59 Percent of Managers Want Workers Skilled in Linux, Open Source - SunTzu55
http://insights.dice.com/2016/05/05/demand-for-linux-talent-stays-strong-report/
======
bpchaps
Heh. I got off the phone yesterday with Comcast's CISO after a security
vulnerability disclosure discussion and the subject of bug bounties came up.
She ranted about how much she loved the idea of open source and community, but
it was pretty clear that she knew nothing about what she was talking about.
Also got the gem, "Well, an infrastructure problem isn't really a bug, so
you're probably not going to get any sort of bounty from that." Heh.

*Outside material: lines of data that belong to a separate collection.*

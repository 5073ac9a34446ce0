-- ===== src/Map/Remove.antt =====
-- pt_map_unset takes the pair at a key out of the map and releases it with its value.
use pillowtalk.Prelude.{
  ℕ, ◌<◌, ◌≡◌, ◌≢◌, refl, sym, ap, subst, ◌∙◌, true, false, inl, inr, Option-cases, none, some, ◌∷◌,
  arith,
}
use pillowtalk.Libraries.{Bytes, Ptr, Libraries, holds, has_key, without_item}
use pillowtalk.Heap.{Heap, ok, Obj, key_value, map_node, write}
use pillowtalk.Heap.Access.{IsHeap, not_null, load-ok, store-ok, free-ok, put, put-IsHeap, used-lt}
use pillowtalk.Heap.Returns.{Returns, done, Returns-and_then}
use pillowtalk.Node.{c_str}
use pillowtalk.Tree.{Pairs, object, root_of, entries_of, addrs, pair_addrs, Holds}
use pillowtalk.Tree.Footprint.{has, Distinct, Holds-frame}
use pillowtalk.Free.{value_of}
use pillowtalk.Free.Gone.{size, free_node-Gone}
use pillowtalk.Free.Cells.{Gone}
use pillowtalk.Map.{map_unset}
use pillowtalk.Map.Insert.{find_missing}
use pillowtalk.Map.Lookup.{get_tree, UniqueKeys, pair_found}
use pillowtalk.Map.Items.{
  entries_of-drop_tree, get_tree-Distinct, found_apart, drop_tree-kept, get_tree-Holds,
}
use pillowtalk.Map.Addresses.{
  drop_tree, has-get_tree, has_of_holds, drop_tree-has, drop_tree-Distinct,
}
use pillowtalk.Tree.Edited.{Edited, Gone-IsHeap}
use pillowtalk.Map.Dropped.{drop_tree-Holds}

module _ ⦃L : Libraries⦄ where
  module _ (p q : Ptr) (ps : Pairs) (k : Bytes) (h : Heap Obj) (w : IsHeap h)
      (hm : Holds h.cell (object p ps)) (u : UniqueKeys ps) (d : Distinct (p ∷ pair_addrs ps))
      (i : holds k q (entries_of ps) ≡ true)
      (atq : h.cell q ≡ some (key_value k (root_of (get_tree k ps)) p)) where
    -- The map without the pair, which is still in the heap.
    abbrev unlinked : Heap Obj
    unlinked = put h p (some (map_node (L.del q hm.1.0)))

    q_in : has q (pair_addrs ps) ≡ true
    q_in = has_of_holds k q ps i

    q_out : has q (addrs (get_tree k ps)) ≡ false
    q_out = found_apart k q ps u d.1 i

    p_out : has p (addrs (get_tree k ps)) ≡ false
    p_out = ground (arith, has-get_tree k ps p)

    pub pair_unlinked : unlinked.cell q ≡ some (key_value k (root_of (get_tree k ps)) p)
    unfolding write
    pair_unlinked = ground (arith, q_in)

    pub value_unlinked : Holds unlinked.cell (get_tree k ps)
    unfolding write
    value_unlinked =
        Holds-frame (get_tree k ps) h.cell unlinked.cell (λ a m. ground (arith, p_out))
          (get_tree-Holds k ps h.cell p hm.2)

    module _ (h2 : Heap Obj) (g : Gone (addrs (get_tree k ps)) unlinked h2) where
      abbrev removed : Heap Obj
      removed = put h2 q none

      pub pair_stays : h2.cell q ≡ some (key_value k (root_of (get_tree k ps)) p)
      pair_stays = ground (arith, g.cells q, q_out, pair_unlinked)

      removed_other :
          (a : Ptr)
          → a ≢ p
          → has a (addrs (get_tree k ps)) ≡ false
          → a ≢ q
          → removed.cell a ≡ h.cell a
      unfolding write
      removed_other a np i1 nq = ground (arith, g.cells a)

      removed_map : removed.cell p ≡ some (map_node (L.del q hm.1.0))
      unfolding write
      removed_map = ground (arith, g.cells p, p_out, q_in)

      removed-Holds : Holds removed.cell (object p (drop_tree k ps))
      removed-Holds = (
        hm.0,
        (
          L.del q hm.1.0,
          removed_map,
          L.entries-del q hm.1.0
              ∙ ap (without_item q) hm.1.2
              ∙ sym (entries_of-drop_tree k q ps u d.1 i),
        ),
        drop_tree-Holds ps h.cell removed.cell p k q u d.1 hm.2 i
            λ a m o nq. removed_other a (λ e. cc (e, m, d.0)) o nq,
      )

      freed_cell :
          (b : Ptr)
          → has b (pair_addrs ps) ≡ true
          → has b (pair_addrs (drop_tree k ps)) ≡ false
          → removed.cell b ≡ none
      unfolding write
      freed_cell b m o = ground (arith, drop_tree-kept k q ps b u, g.cells b)

      pub removed-Edited : Edited (object p ps) (object p (drop_tree k ps)) h removed
      unfolding addrs
      removed-Edited = record {
        held = removed-Holds;
        distinct = (ground (arith, drop_tree-has k ps p), drop_tree-Distinct k ps d.1);
        is_heap =
            put-IsHeap h2 q none
              (Gone-IsHeap
                (put-IsHeap h p (some (map_node (L.del q hm.1.0))) w (used-lt h p w hm.1.1)) g)
              (omega (arith, used-lt h q w atq, g.next));
        next = g.next;
        room = g.room;
        freed = λ b m o. freed_cell b (ground arith) (ground arith);
        other = λ b o.
            removed_other b (ground arith) (ground (arith, has-get_tree k ps b))
              (ground (arith, q_in));
      }

  -- In a map with distinct keys that has the key, with more fuel than the value has structs,
  -- pt_map_unset takes the pair out of the map, frees it and its value, and changes no struct outside
  -- the map.
  pub map_unset-drop_tree :
      (fuel : ℕ) (p : Ptr) (ps : Pairs) (key : Bytes) (h : Heap Obj)
      → IsHeap h
      → Holds h.cell (object p ps)
      → Distinct (p ∷ pair_addrs ps)
      → UniqueKeys ps
      → has_key (c_str key) (entries_of ps) ≡ true
      → size (get_tree (c_str key) ps) < fuel
      → Returns
          (λ _ h'. Edited (object p ps) (object p (drop_tree (c_str key) ps)) h h')
          (map_unset fuel p (some key) h)
  unfolding map_unset value_of
  map_unset-drop_tree fuel p ps key h w hm d u there enough =
      let (ne, (tb, at, i), rs) = hm in
      elim (Option-cases (L.find (c_str key) tb)) [
        | inl missing ↦
            absurd (
              cc (there, ap (has_key (c_str key)) i, L.has_key_of_find_none (c_str key) tb missing))
        | inr (q, found) ↦
            let iq =
              subst (λ es. holds (c_str key) q es ≡ true) i
                (L.holds_of_find (c_str key) tb q found) in
            let (nq, atq) = pair_found ps h.cell p (c_str key) q u rs iq in
            rw
              (
                not_null ne,
                load-ok h ne at,
                found,
                store-ok h ne at,
                load-ok (unlinked p q ps (c_str key) h w hm u d iq atq) nq
                    (pair_unlinked p q ps (c_str key) h w hm u d iq atq),
              )
              (Returns-and_then
                (free_node-Gone (get_tree (c_str key) ps) fuel
                  (unlinked p q ps (c_str key) h w hm u d iq atq) enough
                  (value_unlinked p q ps (c_str key) h w hm u d iq atq)
                  (get_tree-Distinct (c_str key) ps d.1))
                λ _ h2 g.
                  rw (free-ok h2 nq (pair_stays p q ps (c_str key) h w hm u d iq atq h2 g))
                    (done (removed-Edited p q ps (c_str key) h w hm u d iq atq h2 g)))
      ]

  -- At a key that the map does not have it changes nothing.
  pub map_unset-missing :
      (fuel : ℕ) (p : Ptr) (ps : Pairs) (key : Bytes) (h : Heap Obj)
      → Holds h.cell (object p ps)
      → has_key (c_str key) (entries_of ps) ≡ false
      → map_unset fuel p (some key) h ≡ ok tt h
  unfolding map_unset
  map_unset-missing fuel p ps key h (ne, (tb, at, i), rs) out =
      rw
        (
          not_null ne,
          load-ok h ne at,
          find_missing (c_str key) tb (subst (λ es. has_key (c_str key) es ≡ false) (sym i) out),
        )
        refl
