-- ===== src/Map/Edits.antt =====
-- Any sequence of edits of a map keeps it well formed, and does to it what it does to the value.
use pillowtalk.Prelude.{
  ℕ, ◌+◌, ◌*◌, ◌<◌, ◌≤◌, ◌≡◌, refl, sym, ap, ◌∙◌, false, inl, inr, Bool-cases, List, [], ◌∷◌,
  same_bytes, length, arith,
}
use pillowtalk.Libraries.{Bytes, Ptr, Libraries, has_key}
use pillowtalk.Heap.{Heap, Obj}
use pillowtalk.Heap.Access.{grown}
use pillowtalk.Heap.Returns.{Returns, done, Returns-and_then, Returns-weaken}
use pillowtalk.Node.{c_str}
use pillowtalk.Value.{Scalar, obj_of, Fields, scalar, field}
use pillowtalk.Tree.{Tree, Pairs, leaf, no_pairs, pair, entries_of, meaning, fields_of, addrs}
use pillowtalk.Tree.New.{leaf-NewTree}
use pillowtalk.Tree.Ends.{pairs_size-snoc_pair}
use pillowtalk.Free.Gone.{size, pairs_size}
use pillowtalk.Clone.Kept.{kept_scalar}
use pillowtalk.Tree.Scalars.{new_scalar-ok}
use pillowtalk.Map.Lookup.{UniqueKeys}
use pillowtalk.Map.Addresses.{drop_tree}
use pillowtalk.Map.Remove.{map_unset-drop_tree, map_unset-missing}
use pillowtalk.Map.Parts.{get_tree-size, set_tree-size}
use pillowtalk.Map.Put.{map_set-put_tree}
use pillowtalk.Map.Fields.{put_tree, put_field, fields_of-put_tree, put_tree-UniqueKeys}
use pillowtalk.Map.Client.{
  Edit, set_scalar, unset, edit, run_edits, drop_field, edit_fields, edited_fields, IsMap,
  IsMap-weaken,
}

module _ ⦃L : Libraries⦄ where
  put_tree-size :
      (e : Ptr) (k : Bytes) (t : Tree) (ps : Pairs)
      → pairs_size (put_tree e k t ps) ≤ pairs_size ps + size t + 1
  put_tree-size e k t ps = ground (arith, set_tree-size k t ps, pairs_size-snoc_pair ps e k t)

  drop_tree-size : (k : Bytes) (ps : Pairs) → pairs_size (drop_tree k ps) ≤ pairs_size ps
  unfolding size
  drop_tree-size k no_pairs = omega arith
  drop_tree-size k (pair e j t ps) = ground (arith, drop_tree-size k ps)

  fields_of-drop_tree :
      (k : Bytes) (ps : Pairs) → fields_of (drop_tree k ps) ≡ drop_field k (fields_of ps)
  unfolding meaning
  fields_of-drop_tree k no_pairs = refl
  fields_of-drop_tree k (pair e j t ps) = elim (Bool-cases (same_bytes j k)) [
    | inl same ↦ rw same refl
    | inr other ↦ rw other (ap (field j (meaning t)) (fields_of-drop_tree k ps))
  ]

  has_key-drop_tree :
      (i k : Bytes) (ps : Pairs)
      → has_key i (entries_of ps) ≡ false
      → has_key i (entries_of (drop_tree k ps)) ≡ false
  has_key-drop_tree i k no_pairs o = o
  has_key-drop_tree i k (pair e j t ps) o = ground (arith, has_key-drop_tree i k ps)

  drop_tree-UniqueKeys : (k : Bytes) (ps : Pairs) → UniqueKeys ps → UniqueKeys (drop_tree k ps)
  drop_tree-UniqueKeys k no_pairs u = tt
  drop_tree-UniqueKeys k (pair e j t ps) (o, u) =
      ground (arith, drop_tree-UniqueKeys k ps u, has_key-drop_tree j k ps)

  drop_tree-missing :
      (k : Bytes) (ps : Pairs) → has_key k (entries_of ps) ≡ false → drop_tree k ps ≡ ps
  drop_tree-missing k no_pairs o = refl
  drop_tree-missing k (pair e j t ps) o =
      let other : same_bytes j k ≡ false = ground arith in
      rw other (ap (pair e j t) (drop_tree-missing k ps (ground arith)))

  -- What an edit leaves.
  abbrev AfterEdit : Ptr → Fields → ℕ → Heap Obj → Unit {0} → Heap Obj → Type 0
  AfterEdit p fs n h _ h' = IsMap p fs n h' × (h.room ≤ h'.room + 2)

  set_scalar-IsMap :
      (fuel : ℕ) (p : Ptr) (key : Bytes) (s : Scalar) (fs : Fields) (n : ℕ) (h : Heap Obj)
      → IsMap p fs n h
      → n + 1 < fuel
      → 2 ≤ h.room
      → Returns
          (AfterEdit p (edit_fields (set_scalar key s) fs) (n + 2) h)
          (edit fuel p (set_scalar key s) h)
  unfolding edit size addrs meaning
  set_scalar-IsMap fuel p key s fs n h m enough room =
      let h1 = grown h (obj_of (kept_scalar s)) in
      let t = leaf h.next (kept_scalar s) in
      rw (new_scalar-ok s h (omega arith)) (
        Returns-weaken
          (map_set-put_tree fuel p m.pairs key t 1 h h1 m.is_heap m.held m.distinct m.unique
            (leaf-NewTree h (kept_scalar s) m.is_heap (omega arith))
            (omega (arith, m.is_heap.next_pos)) (omega arith)
            (omega (arith, get_tree-size (c_str key) m.pairs, m.small)))
          λ _ h' x. (
            record {
              pairs = put_tree h1.next (c_str key) t m.pairs;
              held = x.held;
              distinct = x.distinct;
              unique = put_tree-UniqueKeys h1.next (c_str key) t m.pairs m.unique;
              is_heap = x.is_heap;
              means =
                  fields_of-put_tree h1.next (c_str key) t m.pairs
                  ∙ ap (put_field (c_str key) (scalar (kept_scalar s))) m.means;
              small = omega (arith, put_tree-size h1.next (c_str key) t m.pairs, m.small);
            },
            x.room,
          ))

  unset-IsMap :
      (fuel : ℕ) (p : Ptr) (key : Bytes) (fs : Fields) (n : ℕ) (h : Heap Obj)
      → IsMap p fs n h
      → n < fuel
      → Returns (AfterEdit p (edit_fields (unset key) fs) (n + 2) h) (edit fuel p (unset key) h)
  unfolding edit addrs
  unset-IsMap fuel p key fs n h m enough =
      elim (Bool-cases (has_key (c_str key) (entries_of m.pairs))) [
        | inl there ↦
            Returns-weaken
              (map_unset-drop_tree fuel p m.pairs key h m.is_heap m.held m.distinct m.unique there
                (omega (arith, get_tree-size (c_str key) m.pairs, m.small)))
              λ _ h' x. (
                record {
                  pairs = drop_tree (c_str key) m.pairs;
                  held = x.held;
                  distinct = x.distinct;
                  unique = drop_tree-UniqueKeys (c_str key) m.pairs m.unique;
                  is_heap = x.is_heap;
                  means =
                      fields_of-drop_tree (c_str key) m.pairs ∙ ap (drop_field (c_str key)) m.means;
                  small = omega (arith, drop_tree-size (c_str key) m.pairs, m.small);
                },
                omega (arith, x.room),
              )
        | inr absent ↦ rw (map_unset-missing fuel p m.pairs key h m.held absent) (
            done (
              record {
                pairs = m.pairs;
                held = m.held;
                distinct = m.distinct;
                unique = m.unique;
                is_heap = m.is_heap;
                means =
                    ap fields_of (sym (drop_tree-missing (c_str key) m.pairs absent))
                    ∙ fields_of-drop_tree (c_str key) m.pairs
                    ∙ ap (drop_field (c_str key)) m.means;
                small = omega (arith, m.small);
              },
              omega arith,
            ))
      ]

  edit-IsMap :
      (fuel : ℕ) (p : Ptr) (e : Edit) (fs : Fields) (n : ℕ) (h : Heap Obj)
      → IsMap p fs n h
      → n + 1 < fuel
      → 2 ≤ h.room
      → Returns (AfterEdit p (edit_fields e fs) (n + 2) h) (edit fuel p e h)
  edit-IsMap fuel p (set_scalar key s) fs n h m enough room =
      set_scalar-IsMap fuel p key s fs n h m enough room
  edit-IsMap fuel p (unset key) fs n h m enough room = unset-IsMap fuel p key fs n h m (omega arith)

  -- From a map of distinct keys, with two structs of memory for each edit and fuel for what may be
  -- freed, every sequence of edits ends without a fault at such a map, which stands for the edited
  -- value.
  pub run_edits-IsMap :
      (es : List Edit) (fuel : ℕ) (p : Ptr) (fs : Fields) (n : ℕ) (h : Heap Obj)
      → IsMap p fs n h
      → n + 2 * length es < fuel
      → 2 * length es ≤ h.room
      → Returns
          (λ _ h'. IsMap p (edited_fields es fs) (n + 2 * length es) h')
          (run_edits fuel p es h)
  unfolding run_edits
  run_edits-IsMap [] fuel p fs n h m enough room = done (IsMap-weaken (omega arith) m)
  run_edits-IsMap (e ∷ es) fuel p fs n h m enough room =
      Returns-and_then (edit-IsMap fuel p e fs n h m (omega arith) (omega arith)) λ _ h1 (m1, r).
        Returns-weaken
          (run_edits-IsMap es fuel p (edit_fields e fs) (n + 2) h1 m1 (omega arith) (omega arith))
          λ _ h' m2. IsMap-weaken (omega arith) m2
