-- ===== src/Map/Guards.antt =====
-- The operations of maps and arrays at a node of another type.
use pillowtalk.Prelude.{ℕ, ◌≡◌, ◌≢◌, Option, some, arith}
use pillowtalk.Libraries.{Bytes, Ptr, Libraries}
use pillowtalk.Heap.{
  Heap, null, ok, Obj, PtType, pt_map, pt_array, type_of, map_node, array_node, array_elem,
}
use pillowtalk.Heap.Access.{not_null, load-ok}
use pillowtalk.Map.{map_get, map_set, map_unset}
use pillowtalk.Array.{array_len, array_get, array_push_back, array_push_front, array_remove}

module _ ⦃L : Libraries⦄ where
  -- The map operations at an address: NULL is returned and nothing is changed.
  abbrev pub MapRefuses : Ptr → ℕ → Option Bytes → Ptr → Heap Obj → Type 0
  MapRefuses p fuel key value h =
      (map_get p key h ≡ ok null h)
      × (map_set fuel p key value h ≡ ok tt h)
      × (map_unset fuel p key h ≡ ok tt h)

  abbrev pub ArrayRefuses : Ptr → ℕ → ℕ → Ptr → Heap Obj → Type 0
  ArrayRefuses p fuel idx node h =
      (array_len p h ≡ ok 0 h)
      × (array_get p idx h ≡ ok null h)
      × (array_push_back p node h ≡ ok tt h)
      × (array_push_front p node h ≡ ok tt h)
      × (array_remove fuel p node h ≡ ok tt h)

  map_refuses :
      (p : Ptr) (o : Obj) (ty : PtType) (fuel : ℕ) (key : Option Bytes) (value : Ptr) (h : Heap Obj)
      → p ≢ null
      → h.cell p ≡ some o
      → type_of o ≡ some ty
      → ty ≢ pt_map
      → MapRefuses p fuel key value h
  unfolding map_get map_set map_unset
  map_refuses p (map_node t) ty fuel key value h ne e is other = ground arith
  map_refuses p (array_elem n a) ty fuel key value h ne e is other = ground arith
  map_refuses p _ ty fuel key value h ne e is other = (
    rw (not_null ne, load-ok h ne e),
    rw (not_null ne, load-ok h ne e),
    rw (not_null ne, load-ok h ne e),
  )

  array_refuses :
      (p : Ptr) (o : Obj) (ty : PtType) (fuel idx : ℕ) (node : Ptr) (h : Heap Obj)
      → p ≢ null
      → h.cell p ≡ some o
      → type_of o ≡ some ty
      → ty ≢ pt_array
      → ArrayRefuses p fuel idx node h
  unfolding array_len array_get array_push_back array_push_front array_remove
  array_refuses p (array_node q n) ty fuel idx node h ne e is other = ground arith
  array_refuses p (array_elem n a) ty fuel idx node h ne e is other = ground arith
  array_refuses p _ ty fuel idx node h ne e is other = (
    rw (not_null ne, load-ok h ne e),
    rw (not_null ne, load-ok h ne e),
    rw (not_null ne, load-ok h ne e),
    rw (not_null ne, load-ok h ne e),
    rw (not_null ne, load-ok h ne e),
  )

  -- At a node that is no map, arrays included, the three map operations return NULL or nothing; at one
  -- that is no array, maps included, the five array operations return 0, NULL or nothing; the heap is
  -- left as it was.
  pub wrong_type :
      (m a : Ptr) (o q : Obj) (ty uy : PtType) (fuel idx : ℕ) (key : Option Bytes) (node : Ptr)
      (h : Heap Obj)
      → m ≢ null
      → h.cell m ≡ some o
      → type_of o ≡ some ty
      → ty ≢ pt_map
      → a ≢ null
      → h.cell a ≡ some q
      → type_of q ≡ some uy
      → uy ≢ pt_array
      → MapRefuses m fuel key node h × ArrayRefuses a fuel idx node h
  wrong_type m a o q ty uy fuel idx key node h m_ne m_at m_is no_map a_ne a_at a_is no_array = (
    map_refuses m o ty fuel key node h m_ne m_at m_is no_map,
    array_refuses a q uy fuel idx node h a_ne a_at a_is no_array,
  )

Every other high level exec I've spoken to recently is like that, too. How do
these people get jobs within technology without having the slightest clue
about their own field?! I'm legit confused how that happens...

------
dTal
"Managers"? Meaningless statistic without telling us the population the sample
was drawn from, but the article doesn't say what it is apart from "the
technology industry". However the linked paper reveals it was "nearly 5000
open source professionals".

NEWS FLASH: Open source professionals want workers skilled in open source!

------
drieddust
I have actually started to hate this tone. Managers wants workers to keep
updating with the latest and greatest while they still keep applying the
industrial age management skills.

why management does not have to evolve and yet reap the best of the benefits
of any new wave?

This is not a rant. I am seriously trying to find this answer for better part
of this year.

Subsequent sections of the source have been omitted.